Évènements de sûreté de niveau 0

  • Le 25 novembre 2025, dans le cadre de la préparation d’une consignation sur la ligne Warande 1, les travaux de remplacement d’un sectionneur sont engagés. Après la réalisation des opérations prévues, les essais de manœuvre et de remontée d’alarmes sont effectués le 5 décembre 2025.
    Au cours de ces essais, une alarme apparaît en salle de commande. Les équipes de quart contactent les intervenants et envoient un technicien sur place pour diagnostic. Celui‑ci constate le déclenchement de protections électriques sur l’armoire concernée.
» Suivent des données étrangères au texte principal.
-- ===== src/Http/Curl/Pool/Index.antt =====
-- How many connections the index of the pool of curl.cpp has, and what holds of each of its lists.
use azure_sdk_for_cpp.Base.{
  ℕ, ◌+◌, ◌≡◌, List, [], ◌∷◌, Option, none, some, length, Bytes, eqb, eqb_iff, before,
  before_irrefl, arith, Bool-cases, inl, inr,
}
use azure_sdk_for_cpp.Dict.{find, assign, erase, IsSorted}
use azure_sdk_for_cpp.Dict.Laws.{find-After, After-trans}

abbrev Index {ℓ} : Type ℓ → Type ℓ
Index A = List (Bytes × List A)

module _ {ℓ} {A : Type ℓ} where
  unfoldable pub size : Index A → ℕ
  size [] = 0
  size ((k, cs) ∷ m) = length cs + size m

  abbrev pub count_of : Option (List A) → ℕ
  count_of none = 0
  count_of (some cs) = length cs

  -- What holds of each list, which may depend on its key.
  unfoldable pub Every : (Bytes → List A → Type 0) → Index A → Type 0
  Every P [] = Unit
  Every P ((k, cs) ∷ m) = P k cs × Every P m

  pub size-assign :
      (k : Bytes) (cs : List A) (m : Index A)
      → IsSorted m
      → size (assign k cs m) + count_of (find k m) ≡ size m + length cs
  unfolding size assign find
  size-assign k cs [] s = omega arith
  size-assign k cs ((j, ds) ∷ m) s = ground (
    arith,
    eqb_iff j k,
    before_irrefl k,
    find-After j m s.0,
    find-After k m,
    After-trans k j m,
    size-assign k cs m s.1,
  )

  pub size-erase : (k : Bytes) (m : Index A) → size (erase k m) + count_of (find k m) ≡ size m
  unfolding size erase find
  size-erase k [] = omega arith
  size-erase k ((j, ds) ∷ m) = ground (arith, size-erase k m)

  pub Every-find :
      (P : Bytes → List A → Type 0) (k : Bytes) (cs : List A) (m : Index A)
      → Every P m
      → find k m ≡ some cs
      → P k cs
  unfolding Every find
  Every-find P k cs [] e f = absurd cc
  Every-find P k cs ((j, ds) ∷ m) (p, e) f = ground (arith, eqb_iff j k, Every-find P k cs m e)

  pub Every-assign :
      (P : Bytes → List A → Type 0) (k : Bytes) (cs : List A) (m : Index A)
      → Every P m
      → P k cs
      → Every P (assign k cs m)
  unfolding Every assign
  Every-assign P k cs [] e p = (p, tt)
  Every-assign P k cs ((j, ds) ∷ m) (q, e) p = elim (Bool-cases (before k j)) [
    | inl b ↦ rw b (p, (q, e))
    | inr b ↦ elim (Bool-cases (eqb j k)) [
      | inl f ↦ rw (b, f) (p, e)
      | inr f ↦ rw (b, f) (q, Every-assign P k cs m e p)
    ]
  ]

  pub Every-erase :
      (P : Bytes → List A → Type 0) (k : Bytes) (m : Index A) → Every P m → Every P (erase k m)
  unfolding Every erase
  Every-erase P k [] e = tt
  Every-erase P k ((j, ds) ∷ m) (q, e) = elim (Bool-cases (eqb j k)) [
    | inl f ↦ rw f e
    | inr f ↦ rw f (q, Every-erase P k m e)
  ]

  pub Every-map :
      (P Q : Bytes → List A → Type 0) (m : Index A)
      → ((k : Bytes) (cs : List A) → P k cs → Q k cs)
      → Every P m
      → Every Q m
  unfolding Every
  Every-map P Q [] f e = tt
  Every-map P Q ((j, ds) ∷ m) f (q, e) = (f j ds q, Every-map P Q m f e)
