-- ===== src/Http/Curl/Pool/Cleaning.antt =====
-- What the cleaner of the pool of curl.cpp removes: the connections that are expired.
use mathlib.Core.List.{append-nil}
use azure_sdk_for_cpp.Base.{
  ℕ, suc, ◌+◌, ◌-◌, ◌≤◌, ◌≡◌, refl, ◌∙◌, ap, Bool, true, false, not, List, [], ◌∷◌, ◌++◌,
  if◌then◌else◌, length, Bytes, arith, Bool-cases, inl, inr,
}
use azure_sdk_for_cpp.Http.Curl.Pool.Index.{size, Every}
use azure_sdk_for_cpp.Http.Curl.Pool.{
  CurlConnection, is_expired, expired_milliseconds, reverse_onto, clean_back, clean_list,
  clean_index,
}

-- The elements that pass a test.
unfoldable pub keep {ℓ} : {A : Type ℓ} → (A → Bool) → List A → List A
keep test [] = []
keep test (x ∷ xs) = let rest = keep test xs in if test x then x ∷ rest else rest

reverse_onto-reverse_onto {ℓ} :
    {A : Type ℓ} (xs ys zs : List A)
    → reverse_onto (reverse_onto xs ys) zs ≡ reverse_onto ys (xs ++ zs)
unfolding reverse_onto
reverse_onto-reverse_onto [] ys zs = refl
reverse_onto-reverse_onto (x ∷ xs) ys zs = reverse_onto-reverse_onto xs (x ∷ ys) zs

module _ {H : Type 0} where
  -- The connections were used before `time`, the first of them last.
  unfoldable pub Recent : ℕ → List (CurlConnection H) → Type 0
  Recent time [] = Unit
  Recent time (c ∷ cs) = (c.last_use_time ≤ time) × Recent c.last_use_time cs

  pub Recent-weaken :
      (time later : ℕ) (cs : List (CurlConnection H))
      → time ≤ later
      → Recent time cs
      → Recent later cs
  unfolding Recent
  Recent-weaken time later [] le r = tt
  Recent-weaken time later (c ∷ cs) le (l, r) = (omega arith, r)

  abbrev pub is_live : ℕ → CurlConnection H → Bool
  is_live now c = not (is_expired now c)

  expired_time :
      (now : ℕ) (c : CurlConnection H)
      → is_expired now c ≡ true
      → expired_milliseconds ≤ now - c.last_use_time
  unfolding is_expired
  expired_time now c e = ground arith

  -- Where the first one is expired, so are the others.
  pub all_expired :
      (now time : ℕ) (cs : List (CurlConnection H))
      → Recent time cs
      → expired_milliseconds ≤ now - time
      → keep (is_live now) cs ≡ []
  unfolding keep Recent is_expired
  all_expired now time [] r le = refl
  all_expired now time (c ∷ cs) (l, r) le = ground (arith, all_expired now c.last_use_time cs r)

  pub keep-Recent :
      (now time : ℕ) (cs : List (CurlConnection H))
      → Recent time cs
      → Recent time (keep (is_live now) cs)
  unfolding keep Recent
  keep-Recent now time [] r = tt
  keep-Recent now time (c ∷ cs) (l, r) = elim (Bool-cases (is_live now c)) [
    | inl e ↦ rw e (l, keep-Recent now c.last_use_time cs r)
    | inr e ↦ rw e (
        Recent-weaken c.last_use_time time (keep (is_live now) cs) l
          (keep-Recent now c.last_use_time cs r))
  ]

  length-keep :
      (now : ℕ) (cs : List (CurlConnection H)) → length (keep (is_live now) cs) ≤ length cs
  unfolding keep
  length-keep now [] = omega arith
  length-keep now (c ∷ cs) = ground (arith, length-keep now cs)

  -- What the loop from the back comes to, by what is live of the connections that it goes over first.
  outcome :
      ℕ → ℕ → List (CurlConnection H) → ℕ → List (CurlConnection H) → List (CurlConnection H) × ℕ
  outcome now counter front n [] = clean_back now (counter - n) front
  outcome now counter front n (c ∷ cs) =
      (reverse_onto (c ∷ cs) front, counter - (n - suc (length cs)))

  outcome-live :
      (now counter n : ℕ) (c : CurlConnection H) (front cs : List (CurlConnection H))
      → is_expired now c ≡ false
      → length cs ≤ n
      → outcome now counter (c ∷ front) n cs ≡ outcome now counter front (suc n) (c ∷ cs)
  unfolding outcome clean_back reverse_onto
  outcome-live now counter n c front [] e le =
      let k : suc n - suc 0 ≡ n = omega arith in rw (clean_back, e, k) refl
  outcome-live now counter n c front (d ∷ cs) e le =
      let k : suc n - suc (suc (length cs)) ≡ n - suc (length cs) = omega arith in rw k refl

  outcome-expired :
      (now counter n : ℕ) (c : CurlConnection H) (front : List (CurlConnection H))
      → is_expired now c ≡ true
      → outcome now counter (c ∷ front) n [] ≡ outcome now counter front (suc n) []
  unfolding outcome clean_back
  outcome-expired now counter n c front e =
      let k : counter - n - 1 ≡ counter - suc n = omega arith in rw (clean_back, e, k) refl

  clean_back-outcome :
      (now counter time : ℕ) (cs front : List (CurlConnection H))
      → Recent time cs
      → clean_back now counter (reverse_onto cs front)
        ≡ outcome now counter front (length cs) (keep (is_live now) cs)
  unfolding outcome reverse_onto keep Recent
  clean_back-outcome now counter time [] front r =
      let k : counter - 0 ≡ counter = omega arith in rw k refl
  clean_back-outcome now counter time (c ∷ cs) front (l, r) =
      clean_back-outcome now counter c.last_use_time cs (c ∷ front) r
      ∙ (elim (Bool-cases (is_expired now c)) [
        | inl e ↦
            let none_live = all_expired now c.last_use_time cs r (expired_time now c e) in
            rw (e, none_live) (outcome-expired now counter (length cs) c front e)
        | inr e ↦ rw e (
            outcome-live now counter (length cs) c front (keep (is_live now) cs) e
              (length-keep now cs))
      ])

  abbrev restored : List (CurlConnection H) × ℕ → List (CurlConnection H) × ℕ
  restored (kept, left) = (reverse_onto kept [], left)

  outcome-keep :
      (now counter n : ℕ) (cs : List (CurlConnection H))
      → restored (outcome now counter [] n cs) ≡ (cs, counter - (n - length cs))
  unfolding outcome clean_back reverse_onto
  outcome-keep now counter n [] = let k : n - 0 ≡ n = omega arith in rw k refl
  outcome-keep now counter n (c ∷ cs) =
      let e = reverse_onto-reverse_onto (c ∷ cs) [] [] in
      ap (λ l. (l, counter - (n - suc (length cs)))) (e ∙ append-nil (c ∷ cs))

  -- The cleaner keeps the connections of a key that are not expired, in their order, and counts the others.
  pub clean_list-keep :
      (now counter time : ℕ) (cs : List (CurlConnection H))
      → Recent time cs
      → clean_list now counter cs
        ≡ (keep (is_live now) cs, counter - (length cs - length (keep (is_live now) cs)))
  unfolding clean_list
  clean_list-keep now counter time cs r =
      ap restored (clean_back-outcome now counter time cs [] r)
      ∙ outcome-keep now counter (length cs) (keep (is_live now) cs)

  -- What the index has left after a round.
  unfoldable pub live_index :
      ℕ → List (Bytes × List (CurlConnection H)) → List (Bytes × List (CurlConnection H))
  live_index now [] = []
  live_index now ((key, cs) ∷ m) = (key, keep (is_live now) cs) ∷ live_index now m

  pub size-live_index :
      (now : ℕ) (m : List (Bytes × List (CurlConnection H))) → size (live_index now m) ≤ size m
  unfolding live_index size
  size-live_index now [] = omega arith
  size-live_index now ((key, cs) ∷ m) = omega (arith, size-live_index now m, length-keep now cs)

  pub clean_index-live_index :
      (now counter : ℕ) (m : List (Bytes × List (CurlConnection H)))
      → Every (λ key cs. Recent now cs) m
      → size m ≤ counter
      → clean_index now counter m ≡ (live_index now m, counter - (size m - size (live_index now m)))
  unfolding clean_index live_index Every size
  clean_index-live_index now counter [] e le =
      let k : counter - (0 - 0) ≡ counter = omega arith in rw k refl
  clean_index-live_index now counter ((key, cs) ∷ m) (r, e) le =
      let n = length (keep (is_live now) cs) in
      let fewer = length-keep now cs in
      let fewer' = size-live_index now m in
      let left = counter - (length cs - n) in
      let k : left - (size m - size (live_index now m))
          ≡ counter - (length cs + size m - (n + size (live_index now m))) =
        omega arith in
      rw
        (clean_list-keep now counter now cs r, clean_index-live_index now left m e (omega arith), k)
        refl
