-- ===== src/Http/Curl/Pool/Invariant.antt =====
-- The invariant of the connection pool of curl.cpp, when a connection is taken and when one goes back.
use azure_sdk_for_cpp.Base.{
  ℕ, suc, ◌+◌, ◌≤◌, ◌≡◌, refl, ◌∙◌, sym, ap, subst, true, ◌||◌, List, [], ◌∷◌, Option, none, some,
  if◌then◌else◌, if-true, if-false, ltb, leb, length, Bytes, arith, Bool-cases, ◌⊎◌, inl, inr,
}
use azure_sdk_for_cpp.Dict.{find, IsSorted}
use azure_sdk_for_cpp.Dict.Laws.{assign-IsSorted, erase-IsSorted}
use azure_sdk_for_cpp.Http.Curl.Pool.Index.{
  size, size-assign, size-erase, count_of, Every, Every-find, Every-assign, Every-erase,
}
use azure_sdk_for_cpp.Http.Curl.Pool.Cleaning.{Recent, Recent-weaken}
use azure_sdk_for_cpp.Http.Curl.Pool.{
  CurlConnection, CurlConnectionPool, leave, pick, connections_of, start_cleaner,
  move_connection_back_to_pool,
}

module _ {H : Type 0} where
  abbrev pub Keyed : Bytes → List (CurlConnection H) → Type 0
  Keyed key [] = Unit
  Keyed key (c ∷ cs) = (c.connection_key ≡ key) × Keyed key cs

  -- The lists of the index: their connections have their key, and come in the order of their last use.
  abbrev pub IsKept : ℕ → Bytes → List (CurlConnection H) → Type 0
  IsKept now key cs = Keyed key cs × Recent now cs

  pub record WellFormed (now : ℕ) (p : CurlConnectionPool H) : Type 0 where
    pub sorted : IsSorted p.connection_pool_index
    pub counted : p.connection_counter ≡ size p.connection_pool_index
    pub kept : Every (IsKept now) p.connection_pool_index
    -- One cleaner runs, or none.
    pub one_cleaner : p.cleaners ≡ (if p.is_clean_connections_running then 1 else 0)
    -- While there are connections, one does.
    pub cleaned : (p.connection_counter ≡ 0) ⊎ (p.is_clean_connections_running ≡ true)

  pub IsKept-weaken :
      (now later : ℕ)
      → now ≤ later
      → (key : Bytes) (cs : List (CurlConnection H)) → IsKept now key cs
      → IsKept later key cs
  IsKept-weaken now later le key cs (k, r) = (k, Recent-weaken now later cs le r)

  leave-IsSorted :
      (key : Bytes) (cs : List (CurlConnection H)) (m : List (Bytes × List (CurlConnection H)))
      → IsSorted m
      → IsSorted (leave key cs m)
  unfolding leave
  leave-IsSorted key [] m s = erase-IsSorted key m s
  leave-IsSorted key (c ∷ cs) m s = assign-IsSorted key (c ∷ cs) m s

  leave-Every :
      (now : ℕ) (key : Bytes) (cs : List (CurlConnection H))
      (m : List (Bytes × List (CurlConnection H)))
      → IsKept now key cs
      → Every (IsKept now) m
      → Every (IsKept now) (leave key cs m)
  unfolding leave
  leave-Every now key [] m k e = Every-erase (IsKept now) key m e
  leave-Every now key (c ∷ cs) m k e = Every-assign (IsKept now) key (c ∷ cs) m e k

  size-leave :
      (key : Bytes) (cs : List (CurlConnection H)) (m : List (Bytes × List (CurlConnection H)))
      → IsSorted m
      → size (leave key cs m) + count_of (find key m) ≡ size m + length cs
  unfolding leave
  size-leave key [] m s = omega (arith, size-erase key m)
  size-leave key (c ∷ cs) m s = size-assign key (c ∷ cs) m s

  pub pick-WellFormed :
      (now : ℕ) (key : Bytes) (p : CurlConnectionPool H) (o : Option (List (CurlConnection H)))
      → find key p.connection_pool_index ≡ o
      → WellFormed now p
      → WellFormed now (pick key p o).1
  unfolding pick Recent
  pick-WellFormed now key p none e w = w
  pick-WellFormed now key p (some []) e w = w
  pick-WellFormed now key p (some (c ∷ cs)) e w =
      let ((k, ks), (r, rs)) =
        Every-find (IsKept now) key (c ∷ cs) p.connection_pool_index w.kept e in
      let n = size-leave key cs p.connection_pool_index w.sorted in
      let found : count_of (find key p.connection_pool_index) ≡ suc (length cs) = ap count_of e in
      let counted = w.counted in
      record {
        sorted = leave-IsSorted key cs p.connection_pool_index w.sorted;
        counted = omega arith;
        kept =
            leave-Every now key cs p.connection_pool_index
              (ks, Recent-weaken c.last_use_time now cs r rs) w.kept;
        one_cleaner = w.one_cleaner;
        cleaned = elim w.cleaned [ inl z ↦ inl (omega arith) | inr z ↦ inr z ];
      }

  connections_of-IsKept :
      (now : ℕ) (key : Bytes) (p : CurlConnectionPool H) (o : Option (List (CurlConnection H)))
      → find key p.connection_pool_index ≡ o
      → Every (IsKept now) p.connection_pool_index
      → IsKept now key (connections_of key p)
  unfolding connections_of Recent
  connections_of-IsKept now key p none e k = rw e (tt, tt)
  connections_of-IsKept now key p (some cs) e k =
      rw e (Every-find (IsKept now) key cs p.connection_pool_index k e)

  count_of-connections :
      (key : Bytes) (p : CurlConnectionPool H) (o : Option (List (CurlConnection H)))
      → find key p.connection_pool_index ≡ o
      → length (connections_of key p) ≡ count_of (find key p.connection_pool_index)
  unfolding connections_of
  count_of-connections key p none e = rw e refl
  count_of-connections key p (some cs) e = rw e refl

  start_cleaner-WellFormed :
      (now : ℕ) (p : CurlConnectionPool H)
      → IsSorted p.connection_pool_index
      → p.connection_counter ≡ size p.connection_pool_index
      → Every (IsKept now) p.connection_pool_index
      → p.cleaners ≡ (if p.is_clean_connections_running then 1 else 0)
      → WellFormed now (start_cleaner p)
  unfolding start_cleaner
  start_cleaner-WellFormed now p s c k one = elim (Bool-cases p.is_clean_connections_running) [
    | inl e ↦
        subst (WellFormed now) (sym (if-true p.is_clean_connections_running _ _ e))
          (record { sorted = s; counted = c; kept = k; one_cleaner = one; cleaned = inr e })
    | inr e ↦ subst (WellFormed now) (sym (if-false p.is_clean_connections_running _ _ e)) (
        let none_runs = one ∙ if-false p.is_clean_connections_running 1 0 e in
        record { sorted = s; counted = c; kept = k; one_cleaner = omega arith; cleaned = inr refl })
  ]

  pub put-WellFormed :
      (now : ℕ) (c : CurlConnection H) (code : ℕ) (p : CurlConnectionPool H)
      → WellFormed now p
      → WellFormed now (move_connection_back_to_pool now c code p)
  unfolding move_connection_back_to_pool connections_of Recent
  put-WellFormed now c code p w = elim (Bool-cases (ltb code 200 || leb 300 code)) [
    | inl e ↦ rw e w
    | inr e ↦
        let key = c.connection_key in
        let cs = connections_of key p in
        let n =
          size-assign key (record c { last_use_time = now } ∷ cs) p.connection_pool_index
            w.sorted in
        let found = count_of-connections key p (find key p.connection_pool_index) refl in
        let (ks, rs) =
          connections_of-IsKept now key p (find key p.connection_pool_index) refl w.kept in
        let counted = w.counted in
        rw e (
          start_cleaner-WellFormed now _ (assign-IsSorted key _ p.connection_pool_index w.sorted)
            (omega arith)
            (Every-assign (IsKept now) key _ p.connection_pool_index w.kept
              ((refl, ks), (omega arith, rs)))
            w.one_cleaner)
  ]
Les protections sont réarmées peu après, permettant le retour à un fonctionnement normal.
    Cet événement n’a entraîné aucune conséquence sur la sûreté des installations, mais constitue un écart à nos règles d’exploitation. Il a été déclaré à l’Autorité de Sûreté Nucléaire et de Radioprotection (ASNR) le 19 décembre 2025, au niveau 0 de l’échelle INES, soit en dessous du seuil de classement.

 

  • Le 28 octobre 2025, l’unité de production n°1 est en phase de redémarrage dans le cadre de sa visite partielle. En fin de matinée, un intervenant engage les opérations permettant de remettre en service le circuit de refroidissement du réacteur.
    À 10h53, lors de l’activation de la première pompe, la pression du circuit primaire diminue brièvement avant de revenir à sa valeur nominale sous l’effet de la régulation.
    À 11h43, l’activation de la seconde pompe entraîne une nouvelle baisse de pression, cette fois plus rapide, jusqu’à passer sous 24 bars absolus, seuil minimal attendu dans ce domaine d’exploitation. Cette situation constitue un non‑respect de la prescription permanente imposant l’arrêt des pompes lorsque la pression du circuit primaire devient inférieure à ce seuil.
    L’intervenant ordonne immédiatement l’arrêt de la pompe, permettant au circuit de retrouver progressivement une pression conforme.
    À 19h17, après des contrôles confirmant l’absence de dégradation matérielle et l’identification de l’origine de la baisse de pression, la pompe primaire est de nouveau remise en service.
    Bien que cet écart n'ait pas eu de conséquence sur la sûreté de l’installation, sur l’environnement ou sur la santé du personnel, il a été déclaré à l’Autorité de Sûreté Nucléaire et de Radioprotection (ASNR) le 22 décembre 2025, au niveau 0 de l’échelle INES.

 

  • Le 19 décembre, l'unité N°5 est en production. A 8h30, un agent du service Automatismes constate la non-réalisation d'un essai périodique sur la climatisation du local électrique d'un des 2 groupes électrogènes de secours de l'unité. Selon les règles d'exploitation, il aurait du être soldé avant le 15 décembre. Lancé à 10h40, l'essai est déclaré satisfaisant à 13h30. Cet écart, s'il n'a pas eu de conséquence sur la sureté des installations, a été déclaré le 23 décembre 2025 à l'Autorité de Sureté Nucléaire et de Radioprotection, au niveau 0, soit en dessous du seuil de l'échelle INES.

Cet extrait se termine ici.